Do not delete these disk images until a separate decommission gate explicitly records the retention decision.

Health Inventory

Old Vault health:

EndpointRoleResult
30.30.200.30:8200old seedinitialized, unsealed
30.30.200.31:8200old maininitialized, unsealed, standby
30.30.200.32:8200old maininitialized, unsealed, active
30.30.200.33:8200old maininitialized, unsealed, standby

Replacement Vault R1 health:

EndpointRoleResult
30.30.200.34:8200R1 seedinitialized, unsealed
30.30.200.35:8200R1 maininitialized, unsealed, active
30.30.200.36:8200R1 maininitialized, unsealed, standby
30.30.200.37:8200R1 maininitialized, unsealed, standby

The old main cluster still serves health responses, but it remains administratively locked because usable administrator token or recovery share custody is not available.

OpenShift Consumer Inventory

Live hub/spoke consumers no longer use the old vault-platform store.

Hub stores:

StoreStatus
vault-r1-eso-smokeReady / Valid
vault-r1-oadpReady / Valid
vault-r1-rhacsReady / Valid

Spoke stores:

StoreStatus
vault-r1-eso-smokeReady / Valid
vault-r1-oadpReady / Valid
vault-r1-rhacsReady / Valid
logging-localReady / Valid

Live ExternalSecrets are Ready / SecretSynced and reference only:

  • vault-r1-eso-smoke
  • vault-r1-oadp
  • vault-r1-rhacs
  • spoke logging-local

ClusterSecretStore/vault-platform is absent on both clusters.

Backup and Argo State

Post-cleanup OADP scheduled backups already passed:

ClusterBackupResult
hub-dc-v7platform-resource-daily-20260518003309Completed, 10403/10403, no warnings, no errors
spoke-dc-v7platform-resource-daily-20260518003423Completed, 15863/15863, no warnings, no errors

The normal daily schedules are restored:

ClusterSchedule
hub-dc-v715 2 * * *
spoke-dc-v745 2 * * *

Argo CD is Synced/Healthy at GitOps commit f742b63 for:

  • hub-dc-v7-bootstrap
  • hub-side spoke-dc-v7-cluster-config
  • spoke-local spoke-dc-v7-cluster-config

Readiness Decision

The old Vault is ready for a staged retirement plan, but not for untracked deletion.

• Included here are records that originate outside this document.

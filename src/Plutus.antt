-- ===== src/Plutus.antt =====
-- The bounded walk of backend/app/analysis/plutus_structure.py. What a value of one of the two
-- representations shows of itself is its shape, of Plutus/Shapes.antt; the walk over either is this.
pub mod Rendering
pub mod Spent
pub mod Complete
pub mod Shapes
pub mod Decode
use transaction_monitoring_s.Prelude.{
  ℕ, zero, suc, ◌-◌, Bool, true, false, Option, none, some, List, [], ◌∷◌, String, ◌==◌,
  if◌then◌else◌,
}
use transaction_monitoring_s.Prelude.Int.{ℤ}

-- The kinds of a node that stands for a value.
pub data Kind : Type 0 where
  constructor list map bytes int text unknown : Kind

-- A `DatumNode`: a value with its constructor index, scalar and text; an entry of a map; what is
-- shown in place of a subtree that the walk has left out.
mutual
  pub data DatumNode : Type 0 where
    node : Kind → Option ℤ → Option String → Option String → Nodes → DatumNode
    map_entry : DatumNode → DatumNode → DatumNode
    truncated : DatumNode

  pub data Nodes : Type 0 where
    nil : Nodes
    cons : DatumNode → Nodes → Nodes

-- One branch of the walk: a leaf, a node over the values to walk next, or a map.
pub data Shape (A : Type 0) : Type 0 where
  leaf : Kind → Option String → Option String → Shape A
  branch : Kind → Option ℤ → List A → Shape A
  entries : List (A × A) → Shape A

pub record Budget : Type 0 where
  pub remaining : ℕ
  pub hit : Bool

abbrev pub new_budget : ℕ → Budget
new_budget max_nodes = record { remaining = max_nodes; hit = false }

-- A node of the walk, `none` if an exception leaves it.
abbrev pub Walked : Type 0 → Type 0
Walked N = Option (N × Budget)

abbrev pub cons_to : DatumNode → Walked Nodes → Walked Nodes
cons_to n none = none
cons_to n (some (ns, budget)) = some (cons n ns, budget)

abbrev pub entry_to : DatumNode → Walked DatumNode → (Budget → Walked Nodes) → Walked Nodes
entry_to key none rest = none
entry_to key (some (value, budget)) rest = cons_to (map_entry key value) (rest budget)

abbrev pub node_then : Walked DatumNode → (Budget → Walked Nodes) → Walked Nodes
node_then none rest = none
node_then (some (n, budget)) rest = cons_to n (rest budget)

abbrev pub key_then :
    Walked DatumNode → (Budget → Walked DatumNode) → (Budget → Walked Nodes) → Walked Nodes
key_then none value rest = none
key_then (some (key, budget)) value rest = entry_to key (value budget) rest

abbrev pub node_to : Kind → Option ℤ → Walked Nodes → Walked DatumNode
node_to kind index none = none
node_to kind index (some (ns, budget)) = some (node kind index none none ns, budget)

module _ {A : Type 0} (walk : A → Budget → Walked DatumNode) where
  -- `[walk(x, …) for x in xs]`
  unfoldable pub walk_each : List A → Budget → Walked Nodes
  walk_each [] budget = some (nil, budget)
  walk_each (x ∷ xs) budget = node_then (walk x budget) (walk_each xs)

  -- The entries of a map, key before value.
  unfoldable pub walk_entries : List (A × A) → Budget → Walked Nodes
  walk_entries [] budget = some (nil, budget)
  walk_entries ((k, v) ∷ es) budget = key_then (walk k budget) (walk v) (walk_entries es)

  unfoldable pub build : Option (Shape A) → Budget → Walked DatumNode
  build none budget = none
  build (some (leaf kind value printed)) budget = some (node kind none value printed nil, budget)
  build (some (branch kind index xs)) budget = node_to kind index (walk_each xs budget)
  build (some (entries es)) budget = node_to map none (walk_entries es budget)

-- `MAX_WALK_DEPTH`; the depths 0 to 64 are walked.
abbrev pub max_walk_depth : ℕ
max_walk_depth = 64

abbrev pub elided : Budget → Walked DatumNode
elided budget = some (truncated, record budget { hit = true })

module _ {A : Type 0} (shape : A → Option (Shape A)) where
  -- `_walk_cbor` and `_walk_plutus_json`, by the depths that are left: 65 at the root.
  unfoldable pub walk : ℕ → A → Budget → Walked DatumNode
  walk zero x budget = elided budget
  walk (suc depths) x budget =
      if budget.remaining == 0
      then elided budget
      else build (walk depths) (shape x) (record budget { remaining = budget.remaining - 1 })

The next gate should be a low-risk retirement stage that:

  1. removes old Vault IPs 30.30.200.31/32, 30.30.200.32/32, and 30.30.200.33/32 from the hub/spoke External Secrets egress NetworkPolicies;
  2. removes or quarantines old node-specific DNS records for gf-ocp-vault-01, gf-ocp-vault-02, and gf-ocp-vault-03;
  3. keeps the old Vault VMs and disk images intact during the first retirement stage;
  4. validates Argo, ExternalSecrets, OADP, RHACS, and Vault R1 health after the DNS/network-policy cleanup.

Only after that stage passes should a separate decommission gate consider powering off old Vault VMs. Disk deletion should be the final step and should require an explicit retention decision.

Actions Not Taken

  • No DNS record was changed.
  • No NetworkPolicy was changed.
  • No Vault VM was stopped.
  • No disk image was deleted.
  • No Vault token, recovery share, kubeconfig, Secret data, or MinIO credential was printed.